Tue 20-Aug-13 07:54 AM | edited Tue 20-Aug-13 07:55 AM by Vlad_IT
>It doesn't require a two second delay. The shutter will fire >as soon as the transmitter button is pressed. > >For BULB mode - press TX button for one second and shutter >opens, press TX button again and shutter closes. > >To switch TX off - press button for two seconds. To switch RX >off - press button until red light stops flashing, or leave it >alone and it'll switch itself off (after two hours of non-use >I think).
Thank you so much! That is what I wanted to hear. Ordered wired cable release for now for $5 and change. But will get RF one as soon as other major parts are in place Best regards, Vlad
>It's the best remote I've used so far (I've got an MC-30 and >a Phottix as well) - it's worth getting just for the tiny size >of the receiver.
I found from reviews that RFN-4S does not play with bracketing - it just locks up the D800. please see the quote belew
"When you hold the button down on the RFN-4s it goes into Bulb mode. You have to release it and press it again to unlock the camera.

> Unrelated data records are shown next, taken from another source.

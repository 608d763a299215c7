-- ===== src/Core/Client/Telemetry.antt =====
-- packages/ghost-ledger/src/core/client.ts: `startTelemetrySync`, and the snapshot that it takes off
-- the queue. Each run of `sync` is cut before its fetch, whose outcome changes nothing in the client.
use vesper_platform.Base.{ℕ, Option, none, some, [], ◌∷◌, ltb, if◌then◌else◌, length, Bytes}
use vesper_platform.Binary.Utf8.{Text}
use vesper_platform.Ledger.Fallback.{get_telemetry_snapshot}
use vesper_platform.Ledger.Queue.{MemoryQueue}
use vesper_platform.Core.Client.{ClientCore}

pub record TelemetryConfig : Type 0 where
  pub api_key : Text
  pub bundle_id : Text
  pub endpoint : Option Text
  pub sync_interval_ms : Option ℕ

-- What is posted: the endpoint, the two header values and the body.
pub record TelemetryPost : Type 0 where
  pub endpoint : Text
  pub api_key : Text
  pub bundle_id : Text
  pub body : Bytes

-- getTelemetrySnapshot of the queue
unfoldable pub take_snapshot : MemoryQueue → Bytes × MemoryQueue
take_snapshot q = let r = get_telemetry_snapshot q.client in (r.0, record q { client = r.1 })

-- "http://127.0.0.1:8081/api/v1/support/telemetry"
abbrev default_endpoint : Text
default_endpoint =
    b'h' ∷ b't' ∷ b't' ∷ b'p' ∷ b':' ∷ b'/' ∷ b'/' ∷ b'1' ∷ b'2' ∷ b'7' ∷ b'.' ∷ b'0' ∷ b'.' ∷ b'0'
    ∷ b'.' ∷ b'1' ∷ b':' ∷ b'8' ∷ b'0' ∷ b'8' ∷ b'1' ∷ b'/' ∷ b'a' ∷ b'p' ∷ b'i' ∷ b'/' ∷ b'v'
    ∷ b'1' ∷ b'/' ∷ b's' ∷ b'u' ∷ b'p' ∷ b'p' ∷ b'o' ∷ b'r' ∷ b't' ∷ b'/' ∷ b't' ∷ b'e' ∷ b'l'
    ∷ b'e' ∷ b'm' ∷ b'e' ∷ b't' ∷ b'r' ∷ b'y' ∷ []

unfoldable pub endpoint_of : TelemetryConfig → Text
endpoint_of config = elim config.endpoint [ some e ↦ e | none ↦ default_endpoint ]

unfoldable pub interval_of : TelemetryConfig → ℕ
interval_of config = elim config.sync_interval_ms [ some ms ↦ ms | none ↦ 15000 ]

module _ {Signer Resolver Answer : Type 0} where
  -- One run: the post, if there are any events, and the delay of the next run.
  unfoldable pub sync :
      TelemetryConfig
      → ClientCore Signer Resolver Answer
      → (Option TelemetryPost × ℕ) × ClientCore Signer Resolver Answer
  unfolding take_snapshot endpoint_of interval_of
  sync config c =
      let r = take_snapshot c.queue in
      (
        (
          if ltb 0 (length r.0)
              then some (record {
                endpoint = endpoint_of config;
                api_key = config.api_key;
                bundle_id = config.bundle_id;
                body = r.0;
              })
              else none,
          interval_of config,
        ),
        record c { queue = r.1 },
      )
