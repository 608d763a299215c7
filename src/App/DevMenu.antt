-- ===== src/App/DevMenu.antt =====
-- examples/demo-mobile/src/features/dev-menu/hooks/useDevMenu.ts, over the client and its memory queue.
-- The ids that the hook makes from the clock, and what the ingestion service answers, are arguments.
pub mod Resident
use vesper_platform.Base.{
  ℕ, ◌/◌, ◌+◌, String, Bool, true, false, Option, none, some, List, [], ◌∷◌, ◌++◌, ◌==◌,
  if◌then◌else◌, length, Bytes,
}
use vesper_platform.App.Words.{
  text_simulated, text_label, text_ts, text_simulated_path, text_content_type, text_json,
}
use vesper_platform.Binary.Utf8.{Text}
use vesper_platform.Binary.Json.{
  Json, string, number, boolean, object, empty, member, encode_json_body,
}
use vesper_platform.Binary.Wire.{AdapterRequest, serialize_adapter_request}
use vesper_platform.Ledger.Fallback.{Host, get_queue_status}
use vesper_platform.Ledger.Queue.{
  MemoryQueue, Checked, passed, ledger_locked, ledger_compromised, kept, size, enqueue, dequeue,
  toggle_queue_network,
}
use vesper_platform.Core.Context.{trim_start, trim_end, non_empty}
use vesper_platform.Core.Client.{ClientConfig, ClientCore, Started, purge_all}
use vesper_platform.Core.Client.Processing.{begin_replay}
use vesper_platform.Core.Client.Telemetry.{take_snapshot}
use vesper_platform.Adapters.Outcome.{is_ok}

abbrev text_post : Text
text_post = b'P' ∷ b'O' ∷ b'S' ∷ b'T' ∷ []

pub record DevMenuStatus : Type 0 where
  pub queue_size : ℕ
  pub is_locked : Bool
  pub is_integrity_compromised : Bool

-- The message of a flush.
pub data FlushMessage : Type 0 where
  no_events : FlushMessage
  no_api_key : FlushMessage
  sent_events : ℕ → FlushMessage
  responded_with : ℕ → FlushMessage
  raised : Text → FlushMessage

pub record FlushResult : Type 0 where
  pub success : Bool
  pub event_count : ℕ
  pub message : FlushMessage

-- What the post of a snapshot comes to: a status, or an error with its message.
pub data Ingestion : Type 0 where
  status : ℕ → Ingestion
  unreachable : Text → Ingestion

-- The hook's state and the client that it drives.
pub record DevMenu (Signer Resolver Answer : Type 0) : Type 0 where
  pub client : ClientCore Signer Resolver Answer
  pub status : DevMenuStatus
  pub is_simulated_offline : Bool
  pub is_busy : Bool
  pub last_flush_result : Option FlushResult
  pub last_enqueued_id : Option String
  pub custom_api_key : Text
  pub custom_bundle_id : Text

unfoldable pub build_simulated_request : Text → Text → ℕ → AdapterRequest
build_simulated_request api_url label ts = record {
  method = text_post;
  url = api_url ++ text_simulated_path;
  encoded_headers = none;
  headers = some ((text_content_type, text_json) ∷ []);
  body = some (
      encode_json_body (
        object (
          member text_simulated (boolean true)
            (member text_label (string label) (member text_ts (number ts) empty)))));
  timeout_ms = none;
}

-- custom.trim() || configured
unfoldable pub chosen : Text → Option Text → Option Text
chosen custom configured = elim (non_empty (some (trim_end (trim_start custom)))) [
  | some t ↦ some t
  | none ↦ non_empty configured
]

-- After the post of `count` events.
unfoldable pub flush_outcome : ℕ → Ingestion → FlushResult
flush_outcome count (status s) =
    if is_ok s
    then record { success = true; event_count = count; message = sent_events count }
    else record { success = false; event_count = count; message = responded_with s }
flush_outcome count (unreachable message) = record {
  success = false;
  event_count = count;
  message = raised message;
}

module _ {Signer Resolver Answer : Type 0} where
  abbrev pub queue_of : DevMenu Signer Resolver Answer → MemoryQueue
  queue_of m = m.client.queue

  abbrev pub with_queue :
      MemoryQueue → DevMenu Signer Resolver Answer → DevMenu Signer Resolver Answer
  with_queue q m = record m { client = record m.client { queue = q } }

  unfoldable pub refresh_status : DevMenu Signer Resolver Answer → DevMenu Signer Resolver Answer
  refresh_status m =
      let s = get_queue_status m.client.queue.client in
      record m {
        status = record {
          queue_size = s.size;
          is_locked = s.is_locked;
          is_integrity_compromised = s.is_integrity_compromised;
        };
      }

  -- queue.toggleNetworkSim(online) and setIsSimulatedOffline
  abbrev pub go_network :
      Bool → Bool → DevMenu Signer Resolver Answer → DevMenu Signer Resolver Answer
  go_network online offline m = record (with_queue (toggle_queue_network online m.client.queue) m) {
    is_simulated_offline = offline;
  }

  unfoldable pub simulate_offline : DevMenu Signer Resolver Answer → DevMenu Signer Resolver Answer
  unfolding refresh_status
  simulate_offline m = refresh_status (go_network false true m)

  -- What is left to do when a handler ends.
  abbrev pub done_busy : DevMenu Signer Resolver Answer → DevMenu Signer Resolver Answer
  done_busy m = record m { is_busy = false }

  -- flushTelemetryNow, with the configured key and bundle id, and the answer to the post.
  unfoldable pub flush_telemetry_now :
      Option Text
      → (Text → Option Text → Bytes → Ingestion)
      → Option Text
      → DevMenu Signer Resolver Answer
      → FlushResult × DevMenu Signer Resolver Answer
  unfolding flush_outcome chosen
  flush_telemetry_now api_key post bundle_id m =
      let snapshot = take_snapshot m.client.queue in
      let count = length snapshot.0 / 17 in
      let taken = with_queue snapshot.1 m in
      let result : FlushResult =
        if count == 0
        then record { success = false; event_count = 0; message = no_events }
        else elim (chosen m.custom_api_key api_key) [
          | none ↦ record { success = false; event_count = count; message = no_api_key }
          | some key ↦
              flush_outcome count (post key (chosen m.custom_bundle_id bundle_id) snapshot.0)
        ] in
      (result, record taken { last_flush_result = some result })

  -- The rest of the two handlers, from what the queue did.
  unfoldable pub after_test_enqueue :
      String → DevMenu Signer Resolver Answer → Checked MemoryQueue → DevMenu Signer Resolver Answer
  unfolding refresh_status
  after_test_enqueue id m (passed q) =
      refresh_status (record (with_queue q m) { last_enqueued_id = some id })
  after_test_enqueue id m ledger_locked = m
  after_test_enqueue id m ledger_compromised = m

  unfoldable pub after_test_dequeue :
      DevMenu Signer Resolver Answer → Checked MemoryQueue → DevMenu Signer Resolver Answer
  unfolding refresh_status
  after_test_dequeue m (passed q) =
      refresh_status (record (with_queue q m) { last_enqueued_id = none })
  after_test_dequeue m ledger_locked = m
  after_test_dequeue m ledger_compromised = m

  module _ (host : Host) where
    -- stopOperation
    unfoldable pub stop_operation : DevMenu Signer Resolver Answer → DevMenu Signer Resolver Answer
    unfolding refresh_status
    stop_operation m =
        refresh_status (go_network false true (record m { client = purge_all host m.client }))

    -- simulateOnline, up to the first await of the replay, and its `finally` block.
    unfoldable pub simulate_online :
        ClientConfig Signer Resolver
        → DevMenu Signer Resolver Answer
        → Started × DevMenu Signer Resolver Answer
    simulate_online config m =
        let ready = go_network true false (record m { is_busy = true }) in
        let r = begin_replay host config ready.client in (r.0, record ready { client = r.1 })

    unfoldable pub simulate_online_end :
        DevMenu Signer Resolver Answer → DevMenu Signer Resolver Answer
    unfolding refresh_status
    simulate_online_end m = done_busy (refresh_status m)

    -- enqueueTestPayload, for the id and the time of the clock. A queue that throws ends the handler.
    unfoldable pub enqueue_test_payload :
        String → AdapterRequest → DevMenu Signer Resolver Answer → DevMenu Signer Resolver Answer
    unfolding after_test_enqueue
    enqueue_test_payload id request m =
        let offline = go_network false true (record m { is_busy = true }) in
        done_busy (
          after_test_enqueue id offline
            (enqueue host id (serialize_adapter_request request) 60000 offline.client.queue))

    unfoldable pub dequeue_test_payload :
        DevMenu Signer Resolver Answer → DevMenu Signer Resolver Answer
    unfolding after_test_dequeue
    dequeue_test_payload m = elim m.last_enqueued_id [
      | none ↦ m
      | some id ↦ done_busy (after_test_dequeue m (dequeue host id m.client.queue))
    ]

    -- simulateE2EEvent: the flush is reached where neither call of the queue throws.
    unfoldable pub simulate_e2e_event :
        Option Text
        → (Text → Option Text → Bytes → Ingestion)
        → Option Text
        → String
        → AdapterRequest
        → DevMenu Signer Resolver Answer
        → Option FlushResult × DevMenu Signer Resolver Answer
    unfolding refresh_status flush_telemetry_now
    simulate_e2e_event api_key post bundle_id id request m =
        let offline = go_network false true (record m { is_busy = true }) in
        elim (enqueue host id (serialize_adapter_request request) 60000 offline.client.queue) [
          | ledger_locked ↦ (none, done_busy offline)
          | ledger_compromised ↦ (none, done_busy offline)
          | passed q ↦ elim (dequeue host id q) [
            | ledger_locked ↦ (none, done_busy (refresh_status (with_queue q offline)))
            | ledger_compromised ↦ (none, done_busy (refresh_status (with_queue q offline)))
            | passed t ↦
                let r =
                  flush_telemetry_now api_key post bundle_id
                    (refresh_status (with_queue t offline)) in
                (some r.0, done_busy r.1)
          ]
        ]
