-- ===== src/Ledger/Queue/Timers.antt =====
-- Maps of timers in which no id and no handle stands twice.
use vesper_platform.Base.{
  ℕ, suc, ◌<◌, String, ◌≡◌, ◌≢◌, refl, ap, ◌∙◌, false, none, some, [], ◌∷◌, ◌++◌, arith, All,
  str_eq, eq_iff,
}
use vesper_platform.Ledger.Queue.{
  TimerMap, timer_of, delete_timer, holder_of, clear_timeout, clear_timeouts,
}

abbrev pub AreSeparate : TimerMap → Type 0
AreSeparate [] = Unit
AreSeparate ((k, h) ∷ rest) =
    (timer_of k rest ≡ none) × (holder_of h rest ≡ none) × AreSeparate rest

abbrev pub AreBelow : ℕ → TimerMap → Type 0
AreBelow n m = All (λ (e : String × ℕ). e.1 < n) m

clear_timeout_absent : (h : ℕ) (m : TimerMap) → holder_of h m ≡ none → clear_timeout h m ≡ m
unfolding clear_timeout holder_of
clear_timeout_absent h [] e = refl
clear_timeout_absent h ((k, t) ∷ rest) e = ground (arith, clear_timeout_absent h rest)

pub delete_timer_absent :
    (id : String) (m : TimerMap) → timer_of id m ≡ none → delete_timer id m ≡ m
unfolding delete_timer timer_of
delete_timer_absent id [] e = refl
delete_timer_absent id ((k, t) ∷ rest) e = ground (arith, delete_timer_absent id rest)

holder_of_known :
    (id : String) (h : ℕ) (m : TimerMap) → timer_of id m ≡ some h → holder_of h m ≢ none
unfolding timer_of holder_of
holder_of_known id h [] e = ground arith
holder_of_known id h ((k, t) ∷ rest) e = ground (arith, holder_of_known id h rest)

-- Deleting the entry of an id is clearing its timer.
pub clear_timeout-timer_of :
    (id : String) (h : ℕ) (m : TimerMap)
    → AreSeparate m
    → timer_of id m ≡ some h
    → clear_timeout h m ≡ delete_timer id m
unfolding timer_of clear_timeout delete_timer
clear_timeout-timer_of id h [] s e = refl
clear_timeout-timer_of id h ((k, t) ∷ rest) s e = ground (
  arith,
  clear_timeout-timer_of id h rest s.2,
  clear_timeout_absent h rest,
  delete_timer_absent id rest,
  holder_of_known id h rest,
  eq_iff k id,
)

-- The holder of a timer is the id that the map gives it for.
pub timer_of-holder_of :
    (id : String) (h : ℕ) (m : TimerMap)
    → AreSeparate m
    → holder_of h m ≡ some id
    → timer_of id m ≡ some h
unfolding timer_of holder_of
timer_of-holder_of id h [] s e = ground arith
timer_of-holder_of id h ((k, t) ∷ rest) s e =
    ground (arith, timer_of-holder_of id h rest s.2, eq_iff k id)

pub holder_of-clear_timeout : (h : ℕ) (m : TimerMap) → holder_of h (clear_timeout h m) ≡ none
unfolding holder_of clear_timeout
holder_of-clear_timeout h [] = refl
holder_of-clear_timeout h ((k, t) ∷ rest) = ground (arith, holder_of-clear_timeout h rest)

pub clear_timeout_twice :
    (h : ℕ) (m : TimerMap) → clear_timeout h (clear_timeout h m) ≡ clear_timeout h m
clear_timeout_twice h m = clear_timeout_absent h (clear_timeout h m) (holder_of-clear_timeout h m)

pub timer_of-delete_timer_self :
    (id : String) (m : TimerMap) → timer_of id (delete_timer id m) ≡ none
unfolding timer_of delete_timer
timer_of-delete_timer_self id [] = refl
timer_of-delete_timer_self id ((k, t) ∷ rest) = ground (arith, timer_of-delete_timer_self id rest)

pub timer_of-delete_timer_other :
    (id j : String) (m : TimerMap)
    → str_eq id j ≡ false
    → timer_of j (delete_timer id m) ≡ timer_of j m
unfolding timer_of delete_timer
timer_of-delete_timer_other id j [] n = refl
timer_of-delete_timer_other id j ((k, t) ∷ rest) n =
    ground (arith, timer_of-delete_timer_other id j rest n, eq_iff k id, eq_iff k j, eq_iff id j)

holder_of-delete_timer :
    (id : String) (h : ℕ) (m : TimerMap)
    → holder_of h m ≡ none
    → holder_of h (delete_timer id m) ≡ none
unfolding holder_of delete_timer
holder_of-delete_timer id h [] e = refl
holder_of-delete_timer id h ((k, t) ∷ rest) e = ground (arith, holder_of-delete_timer id h rest)

timer_of-delete_timer :
    (id j : String) (m : TimerMap) → timer_of j m ≡ none → timer_of j (delete_timer id m) ≡ none
unfolding timer_of delete_timer
timer_of-delete_timer id j [] e = refl
timer_of-delete_timer id j ((k, t) ∷ rest) e = ground (arith, timer_of-delete_timer id j rest)

pub delete_timer-AreSeparate :
    (id : String) (m : TimerMap) → AreSeparate m → AreSeparate (delete_timer id m)
unfolding delete_timer
delete_timer-AreSeparate id [] s = tt
delete_timer-AreSeparate id ((k, t) ∷ rest) s = ground (
  arith,
  delete_timer-AreSeparate id rest s.2,
  holder_of-delete_timer id t rest,
  timer_of-delete_timer id k rest,
)

pub delete_timer-AreBelow :
    (id : String) (n : ℕ) (m : TimerMap) → AreBelow n m → AreBelow n (delete_timer id m)
unfolding delete_timer
delete_timer-AreBelow id n [] b = tt
delete_timer-AreBelow id n ((k, t) ∷ rest) b = ground (arith, delete_timer-AreBelow id n rest b.1)

pub timer_of-append :
    (j id : String) (h : ℕ) (m : TimerMap)
    → timer_of j (m ++ (id, h) ∷ []) ≡ none
    → (timer_of j m ≡ none) × (str_eq id j ≡ false)
unfolding timer_of
timer_of-append j id h [] e = ground arith
timer_of-append j id h ((k, t) ∷ rest) e = ground (arith, timer_of-append j id h rest)

timer_of-append_none :
    (j id : String) (h : ℕ) (m : TimerMap)
    → timer_of j m ≡ none
    → str_eq id j ≡ false
    → timer_of j (m ++ (id, h) ∷ []) ≡ none
unfolding timer_of
timer_of-append_none j id h [] e n = ground arith
timer_of-append_none j id h ((k, t) ∷ rest) e n = ground (arith, timer_of-append_none j id h rest)

holder_of-append_none :
    (i : ℕ) (id : String) (h : ℕ) (m : TimerMap)
    → holder_of i m ≡ none
    → h ≢ i
    → holder_of i (m ++ (id, h) ∷ []) ≡ none
unfolding holder_of
holder_of-append_none i id h [] e n = ground arith
holder_of-append_none i id h ((k, t) ∷ rest) e n = ground (arith, holder_of-append_none i id h rest)

-- A fresh timer for an id that has none.
pub append-AreSeparate :
    (id : String) (n : ℕ) (m : TimerMap)
    → AreSeparate m
    → AreBelow n m
    → timer_of id m ≡ none
    → AreSeparate (m ++ (id, n) ∷ [])
unfolding timer_of holder_of
append-AreSeparate id n [] s b e = (refl, refl, tt)
append-AreSeparate id n ((k, t) ∷ rest) s b e = ground (
  arith,
  append-AreSeparate id n rest s.2 b.1,
  timer_of-append_none k id n rest,
  holder_of-append_none t id n rest,
  eq_iff k id,
  eq_iff id k,
)

pub append-AreBelow :
    (id : String) (n : ℕ) (m : TimerMap) → AreBelow n m → AreBelow (suc n) (m ++ (id, n) ∷ [])
append-AreBelow id n [] b = ground arith
append-AreBelow id n ((k, t) ∷ rest) b = ground (arith, append-AreBelow id n rest b.1)

-- Clearing every timer of the map clears what the host holds, where it holds just those.
clear_timeouts_empty : (m : TimerMap) → clear_timeouts m [] ≡ []
unfolding clear_timeouts clear_timeout
clear_timeouts_empty [] = refl
clear_timeouts_empty ((k, t) ∷ rest) = clear_timeouts_empty rest

clear_timeout_head :
    (k : String) (t : ℕ) (m : TimerMap) → holder_of t m ≡ none → clear_timeout t ((k, t) ∷ m) ≡ m
unfolding clear_timeout
clear_timeout_head k t m e = ground (arith, clear_timeout_absent t m e)

pub clear_timeouts_all : (m : TimerMap) → AreSeparate m → clear_timeouts m m ≡ []
unfolding clear_timeouts
clear_timeouts_all [] s = refl
clear_timeouts_all ((k, t) ∷ rest) s =
    ap (clear_timeouts rest) (clear_timeout_head k t rest s.1) ∙ clear_timeouts_all rest s.2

This system interferes with the D800 bracketing burst when used with CH exposure mode"
Any other RF outthere that works perfect with all features of D800?
>I tested mine with the D800E and the results were as >follows. > >RFN-4s works fine on all of these settings: > >• BULB (press for 1 second to open shutter, press again to >close) >• BKT >• MUP >• S >• CL/CH (press for 1 second) >• BKT + MUP >• BULB + MUP > >The only setting where RFN-4s gets confused is this one: > >• CL/CH + BKT (camera locks up but will complete BKT sequence >if camera powered off and on again) >
Thanks for the full and quick response.
I just read someplace that even in CL/CH + BKT camera locks after completing all frames!!!!! pressing remote button (or maybe shutter release button???, not sure what the poster meant) half way down will bring camera back to life.
CL/CH + BKT is the only one that might cause problems (as I said in post 21).
I just tried it again and the results were as follows:
• CL + BKT (3-shot) - worked fine on three separate runs • CL + BKT (5-shot) - worked fine on three separate runs • CH + BKT (3 shot) - worked fine on three separate runs • CH + BKT (5-shot) - locked up once in three separate runs ***
*** Camera completed and recorded all five exposures to the card. Turning the power off and on again unlocked the camera immediately.
All runs are with a 32GB Sandisk Extreme 60MB/S CF card.